-- ===== src/Blockchain/Building.antt =====
-- mod/beacon/blockchain/payload.go and execution_engine.go: the payload requests that the service
-- makes beside the processing of blocks. Their errors are logged by the callers.
pub mod Retrieved
use beacon_kit.Prelude.{ℕ, Option, none, Bytes, max, add64, ◌≡◌, some, if◌then◌else◌, not, ◌&&◌}
use beacon_kit.Exec.{Result, Exec, lift, pure, ◌>>=◌, err, ok}
use beacon_kit.Types.{BeaconBlock, ExecutionPayloadHeader}
use beacon_kit.Chain.{active_fork_version_for_slot}
use beacon_kit.Collections.{Collections}
use beacon_kit.BeaconDb.{Kv, get_slot, get_latest_block_header, get_latest_execution_payload_header}
use beacon_kit.StateDb.{hash_tree_root}
use beacon_kit.Processor.Slots.{process_slots}
use beacon_kit.Engine.{EngineError, notify_forkchoice_update}
use beacon_kit.PayloadBuilder.{
  PayloadBuilder, request_payload_async, send_force_head_fcu, BuilderError, Reply, failed, done,
  state_error, retrieve_payload, retrieved, engine_error,
}
use beacon_kit.Blockchain.{
  Service, should_build_optimistic_payloads, Task, force_startup_head, rebuild_payload,
  build_optimistic_payload,
}
use beacon_kit.PayloadCache.{Cache}

-- The arguments of RequestPayloadAsync.
pub record PayloadRequest : Type 0 where
  pub slot : ℕ
  pub timestamp : ℕ
  pub parent_block_root : Bytes
  pub head_block_hash : Bytes
  pub final_block_hash : Bytes

-- calculateNextTimestamp; `now` is time.Now().Unix().
unfoldable pub calculate_next_timestamp : Service → ℕ → BeaconBlock → ℕ
calculate_next_timestamp svc now blk =
    max (add64 now svc.sp.cs.target_seconds_per_eth1_block)
      (add64 blk.body.execution_payload.timestamp 1)

-- sendNextFCUWithoutAttributes
unfoldable pub fcu_without_attributes :
    {E : Type 0} → PayloadBuilder E → BeaconBlock → ExecutionPayloadHeader → Option EngineError
fcu_without_attributes pb blk lph =
    (notify_forkchoice_update pb.client (record {
      state = record {
        head_block_hash = lph.block_hash;
        safe_block_hash = lph.parent_hash;
        finalized_block_hash = lph.parent_hash;
      };
      payload_attributes = none;
      fork_version = active_fork_version_for_slot pb.cs blk.slot;
    })).2

-- `block_root` is the SSZ root of a block.
module _ {c : Collections} (svc : Service) (block_root : BeaconBlock → Result Bytes) where
  -- rebuildPayloadForRejectedBlock, up to the request.
  unfoldable pub rebuild_request : ℕ → Exec (Kv c) PayloadRequest
  rebuild_request now = do
    latest_header ← get_latest_block_header
    state_slot ← get_slot
    prev_state_root ← hash_tree_root svc.sp.state_root svc.sp.cs
    prev_block_root ←
        lift (svc.sp.header_root (record latest_header { state_root = prev_state_root }))
    lph ← get_latest_execution_payload_header
    pure (record {
      slot = state_slot;
      timestamp = max (add64 now 1) (add64 lph.timestamp 1);
      parent_block_root = prev_block_root;
      head_block_hash = lph.block_hash;
      final_block_hash = lph.block_hash;
    })

  -- optimisticPayloadBuild, up to the request.
  unfoldable pub optimistic_request : ℕ → BeaconBlock → Exec (Kv c) PayloadRequest
  unfolding calculate_next_timestamp
  optimistic_request now blk = do
    blk_root ← lift (block_root blk)
    updates ← process_slots svc.sp (add64 blk.slot 1)
    pure (record {
      slot = add64 blk.slot 1;
      timestamp = calculate_next_timestamp svc now blk;
      parent_block_root = blk_root;
      head_block_hash = blk.body.execution_payload.block_hash;
      final_block_hash = blk.body.execution_payload.parent_hash;
    })

  -- sendNextFCUWithAttributes, on the copy of the state, up to the request.
  unfoldable pub next_request :
      ℕ → BeaconBlock → ExecutionPayloadHeader → Exec (Kv c) PayloadRequest
  unfolding calculate_next_timestamp
  next_request now blk lph = do
    updates ← process_slots svc.sp (add64 blk.slot 1)
    prev_block_root ← lift (block_root blk)
    pure (record {
      slot = add64 blk.slot 1;
      timestamp = calculate_next_timestamp svc now blk;
      parent_block_root = prev_block_root;
      head_block_hash = lph.block_hash;
      final_block_hash = lph.parent_hash;
    })

module _ {c : Collections} {E : Type 0} (svc : Service) (pb : PayloadBuilder E)
    (block_root : BeaconBlock → Result Bytes) where
  -- RequestPayloadAsync on the state that the preparation of the request left.
  unfoldable pub run_request : Result PayloadRequest × Kv c → Cache → Reply (Option Bytes) × Cache
  unfolding request_payload_async
  run_request (err e, st) cache = (failed (state_error e), cache)
  run_request (ok req, st) cache =
      request_payload_async pb st req.slot req.timestamp req.parent_block_root req.head_block_hash
        req.final_block_hash cache

  -- rebuildPayloadForRejectedBlock
  unfoldable pub rebuild_payload_for_rejected_block :
      ℕ → Kv c → Cache → Reply (Option Bytes) × Cache
  unfolding run_request rebuild_request
  rebuild_payload_for_rejected_block now st cache =
      run_request (rebuild_request svc block_root now st) cache

  -- optimisticPayloadBuild
  unfoldable pub optimistic_payload_build :
      ℕ → BeaconBlock → Kv c → Cache → Reply (Option Bytes) × Cache
  unfolding run_request optimistic_request
  optimistic_payload_build now blk st cache =
      run_request (optimistic_request svc block_root now blk st) cache

  -- sendPostBlockFCU, once the latest header is read. The reply to an update without attributes has
  -- no payload id.
  unfoldable pub next_fcu :
      ℕ → BeaconBlock → Kv c → Result ExecutionPayloadHeader → Cache → Reply (Option Bytes) × Cache
  unfolding run_request next_request fcu_without_attributes should_build_optimistic_payloads
  next_fcu now blk st (err e) cache = (failed (state_error e), cache)
  next_fcu now blk st (ok lph) cache =
      if not (should_build_optimistic_payloads svc) && pb.enabled
      then run_request (next_request svc block_root now blk lph st) cache
      else elim (fcu_without_attributes pb blk lph) [
        | none ↦ (done none, cache)
        | some e ↦ (failed (engine_error e), cache)
      ]

  -- sendPostBlockFCU
  unfoldable pub send_post_block_fcu : ℕ → BeaconBlock → Kv c → Cache → Reply (Option Bytes) × Cache
  unfolding next_fcu
  send_post_block_fcu now blk st cache =
      next_fcu now blk st (get_latest_execution_payload_header st).0 cache

  -- forceStartupHead, once the slot is read; it asks for the fork of the next slot.
  unfoldable pub force_startup_at : Result ℕ → Kv c → Option BuilderError
  unfolding send_force_head_fcu
  force_startup_at (err e) st = some (state_error e)
  force_startup_at (ok slot) st = send_force_head_fcu pb st (add64 slot 1)

  -- forceStartupHead
  unfoldable pub run_force_startup_head : Kv c → Option BuilderError
  unfolding force_startup_at
  run_force_startup_head st = force_startup_at (get_slot st).0 st

  -- What becomes of a task that the verification of a block started, for the cache of the builder.
  unfoldable pub run_task : ℕ → Task c → Cache → Cache
  unfolding rebuild_payload_for_rejected_block optimistic_payload_build
  run_task now (force_startup_head st) cache = cache
  run_task now (rebuild_payload st) cache = (rebuild_payload_for_rejected_block now st cache).1
  run_task now (build_optimistic_payload st blk) cache =
      (optimistic_payload_build now blk st cache).1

▶ Problem details
Once each line with "sendPostBlockFCU" in the entries is counted, state the total and nothing else.

▶ Exercise result
2